Using Spark with Avro files
Avro is a very popular data serialization system that provides a compact and fast binary data format. Avro files are self-describing because the schema is stored along with the data.
You can download spark-avro connector JAR from https://mvnrepository.com/artifact/com.databricks/spark-avro_2.11/3.2.0.
Start Spark shell with the spark-avro JAR included in the session:
Aurobindos-MacBook-Pro-2:spark-2.1.0-bin-hadoop2.7 aurobindosarkar$ bin/spark-shell --jars /Users/aurobindosarkar/Downloads/spark-avro_2.11-3.2.0.jar
We will use the JSON file from the previous section containing the Amazon reviews data to create the Avro file.

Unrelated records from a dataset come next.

-- ===== src/Core/Aggregate/Span.antt =====
-- The start and the end that `aggregate_session` gives a session (crates/metrune-core/src/lib.rs).
use metrune.Prelude.{ℕ, ◌≤◌, ◌≡◌, refl, sym, ◌⊎◌, inl, some, List, [], ◌∷◌, arith, All}
use metrune.Prelude.Float.{Float}
use metrune.Core.Types.{UsageMessage}
use metrune.Core.Category.{CategoryAssignment}
use metrune.Core.Snapshot.{SessionSnapshot}
use metrune.Core.Identity.{Digests, IdentityContext}
use metrune.Core.Aggregate.{earliest, latest, aggregate_session}

module _ {F : Type 0} where
  earliest-le :
      (best : UsageMessage F) (ms : List (UsageMessage F)) (x : UsageMessage F)
      → earliest best ms ≡ x
      → (x.observed_at ≤ best.observed_at) × All (λ m. x.observed_at ≤ m.observed_at) ms
  unfolding earliest
  earliest-le best [] x e = (ground arith, tt)
  earliest-le best (m ∷ ms) x e = ground (arith, earliest-le m ms x, earliest-le best ms x)

  le-latest :
      (best : UsageMessage F) (ms : List (UsageMessage F)) (x : UsageMessage F)
      → latest best ms ≡ x
      → (best.observed_at ≤ x.observed_at) × All (λ m. m.observed_at ≤ x.observed_at) ms
  unfolding latest
  le-latest best [] x e = (ground arith, tt)
  le-latest best (m ∷ ms) x e = ground (arith, le-latest m ms x, le-latest best ms x)

  -- The message `x` is one of the list.
  abbrev pub IsOneOf : UsageMessage F → List (UsageMessage F) → Type 0
  IsOneOf x [] = ⊥
  IsOneOf x (m ∷ ms) = (x ≡ m) ⊎ IsOneOf x ms

  earliest-IsOneOf :
      (best : UsageMessage F) (ms : List (UsageMessage F)) (x : UsageMessage F)
      → earliest best ms ≡ x
      → IsOneOf x (best ∷ ms)
  unfolding earliest
  earliest-IsOneOf best [] x e = inl (sym e)
  earliest-IsOneOf best (m ∷ ms) x e =
      ground (arith, earliest-IsOneOf m ms x, earliest-IsOneOf best ms x)

  latest-IsOneOf :
      (best : UsageMessage F) (ms : List (UsageMessage F)) (x : UsageMessage F)
      → latest best ms ≡ x
      → IsOneOf x (best ∷ ms)
  unfolding latest
  latest-IsOneOf best [] x e = inl (sym e)
  latest-IsOneOf best (m ∷ ms) x e = ground (arith, latest-IsOneOf m ms x, latest-IsOneOf best ms x)

  abbrev pub Within : SessionSnapshot F → List (UsageMessage F) → Type 0
  Within s = All (λ m. (s.started_at ≤ m.observed_at) × (m.observed_at ≤ s.ended_at))

  Within-All :
      (s : SessionSnapshot F) (ms : List (UsageMessage F)) (x y : UsageMessage F)
      → s.started_at ≡ x.observed_at
      → s.ended_at ≡ y.observed_at
      → All (λ m. x.observed_at ≤ m.observed_at) ms
      → All (λ m. m.observed_at ≤ y.observed_at) ms
      → Within s ms
  Within-All s [] x y p q h k = tt
  Within-All s (m ∷ ms) x y p q h k = ((omega arith, omega arith), Within-All s ms x y p q h.1 k.1)

module _ {F : Type 0} ⦃o : Float F⦄ where
  -- Every message lies between the start and the end of the snapshot, which are the times of
  -- two of the messages.
  pub Within-aggregate :
      (d : Digests) (m : UsageMessage F) (ms : List (UsageMessage F)) (identity : IdentityContext)
      (revision : ℕ) (category : CategoryAssignment F) {s : SessionSnapshot F}
      → aggregate_session d (m ∷ ms) identity revision category ≡ some s
      → Within s (m ∷ ms)
        × ((x : UsageMessage F) × IsOneOf x (m ∷ ms) × (s.started_at ≡ x.observed_at))
        × ((x : UsageMessage F) × IsOneOf x (m ∷ ms) × (s.ended_at ≡ x.observed_at))
  unfolding aggregate_session
  Within-aggregate d m ms identity revision category {s} h =
      let start : s.started_at ≡ (earliest m ms).observed_at = ground arith in
      let end : s.ended_at ≡ (latest m ms).observed_at = ground arith in
      let (low, lows) = earliest-le m ms (earliest m ms) refl in
      let (high, highs) = le-latest m ms (latest m ms) refl in
      (
        Within-All s (m ∷ ms) (earliest m ms) (latest m ms) start end (low, lows) (high, highs),
        (earliest m ms, earliest-IsOneOf m ms (earliest m ms) refl, start),
        (latest m ms, latest-IsOneOf m ms (latest m ms) refl, end),
      )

Create a DataFrame from the input JSON file and display the number of records:
scala> import com.databricks.spark.avro._
scala> val reviewsDF = spark.read.json("file:///Users/aurobindosarkar/Downloads/reviews_Electronics_5.json")
scala> reviewsDF.count()
res4: Long = 1689188
Next, we filter all the reviews with an overall rating of less than 3, coalesce the output to a single file, and write out the resulting DataFrame to an Avro file:
scala> reviewsDF.filter("overall < 3").coalesce(1).write.avro("file:///Users/aurobindosarkar/Downloads/amazon_reviews/avro")

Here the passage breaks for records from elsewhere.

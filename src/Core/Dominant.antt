-- ===== src/Core/Dominant.antt =====
-- `dominant_category` (crates/metrune-core/src/lib.rs): the category of a session is that of the
-- turns with the most tokens.
pub mod Heaviest
use Prim.Native.Nat.{compare, Ordering}
use Prim.Native.Nat.Ordering.{lt, eq, gt}
use metrune.Prelude.{ℕ, Bool, true, false, Option, none, some, List, [], ◌∷◌, if◌then◌else◌, select}
use metrune.Prelude.Float.{Float}
use metrune.Prelude.Text.{Text}
use metrune.Prelude.Order.{text_ord}
use metrune.Prelude.TreeMap.{TreeMap, update, values}
use metrune.Core.Tokens.{add_u64}
use metrune.Core.Category.{CategoryAssignment, category_str, is_classified, default_assignment}
use metrune.Core.Snapshot.{TurnSnapshot, turn_total_tokens}

abbrev pub is_not_greater : Ordering → Bool
is_not_greater gt = false
is_not_greater _ = true

module _ {F : Type 0} where
  abbrev pub classified_turns : List (TurnSnapshot F) → List (TurnSnapshot F)
  classified_turns turns = select (λ turn. is_classified turn.category.classification_status) turns

  -- `entry(…).or_insert((0, turn.category.clone()))`
  abbrev pub weight_or_new :
      TurnSnapshot F → Option (ℕ × CategoryAssignment F) → ℕ × CategoryAssignment F
  weight_or_new turn none = (0, turn.category)
  weight_or_new turn (some entry) = entry

module _ {F : Type 0} ⦃o : Float F⦄ where
  -- The more confident of the assignments is kept.
  unfoldable pub weigh :
      TurnSnapshot F → Option (ℕ × CategoryAssignment F) → ℕ × CategoryAssignment F
  weigh turn found =
      let entry = weight_or_new turn found in
      (
        add_u64 entry.0 (turn_total_tokens turn),
        if o.ltb_f entry.1.confidence turn.category.confidence then turn.category else entry.1,
      )

  unfoldable pub weighted :
      TreeMap Text (ℕ × CategoryAssignment F)
      → List (TurnSnapshot F)
      → TreeMap Text (ℕ × CategoryAssignment F)
  weighted m [] = m
  weighted m (turn ∷ turns) =
      weighted (update (category_str turn.category.category_id) (weigh turn) m) turns

  -- By the tokens, then by the confidence.
  abbrev pub weight_cmp : ℕ × CategoryAssignment F → ℕ × CategoryAssignment F → Ordering
  weight_cmp left right = elim (compare left.0 right.0) [
    | lt ↦ lt
    | eq ↦ o.total_cmp left.1.confidence right.1.confidence
    | gt ↦ gt
  ]

  -- `max_by` returns the last of the greatest.
  unfoldable pub heaviest :
      ℕ × CategoryAssignment F → List (ℕ × CategoryAssignment F) → ℕ × CategoryAssignment F
  heaviest best [] = best
  heaviest best (w ∷ ws) = heaviest (if is_not_greater (weight_cmp best w) then w else best) ws

  abbrev pub assignment_of : List (ℕ × CategoryAssignment F) → CategoryAssignment F
  assignment_of [] = default_assignment
  assignment_of (w ∷ ws) = (heaviest w ws).1

  unfoldable pub dominant_category : List (TurnSnapshot F) → CategoryAssignment F
  dominant_category turns = assignment_of (values (weighted [] (classified_turns turns)))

Next, we show how to read an Avro file by creating a DataFrame from the Avro file created in the previous step and display the number of records in it:
scala> val reviewsAvroDF = spark.read.avro("file:///Users/aurobindosarkar/Downloads/amazon_reviews/avro/part-00000-c6b6b423-70d6-440f-acbe-0de65a6a7f2e.avro")
scala> reviewsAvroDF.count()
res5: Long = 190864
Next, we select a few columns and display five records from the results DataFrame by specifying show(5):
scala> reviewsAvroDF.select("asin", "helpful", "overall", "reviewTime", "reviewerID", "reviewerName").show(5)

Next, we specify compression options for Avro files by setting the Spark session configuration values:
scala> spark.conf.set("spark.sql.avro.compression.codec", "deflate")
scala> spark.conf.set("spark.sql.avro.deflate.level", "5")
Now, when we write the DataFrame, the Avro file is stored in a compressed format:
scala> val reviewsAvroDF = spark.read.avro("file:////Users/aurobindosarkar/Downloads/amazon_reviews/avro/part-00000-c6b6b423-70d6-440f-acbe-0de65a6a7f2e.avro")
You can also write out the DataFrame partitioned by a specific column. Here, we partition based on the overall column (containing values < 3 in each row):
scala> reviewsAvroDF.write.partitionBy("overall").avro("file:////Users/aurobindosarkar/Downloads/amazon_reviews/avro/partitioned")
The screenshot of the Avro files from this session are shown here. Notice the sizes of the compressed version (67 MB) versus the original file (97.4 MB) . Additionally, notice the two separate directories created for the partitioned (by overall values) Avro files.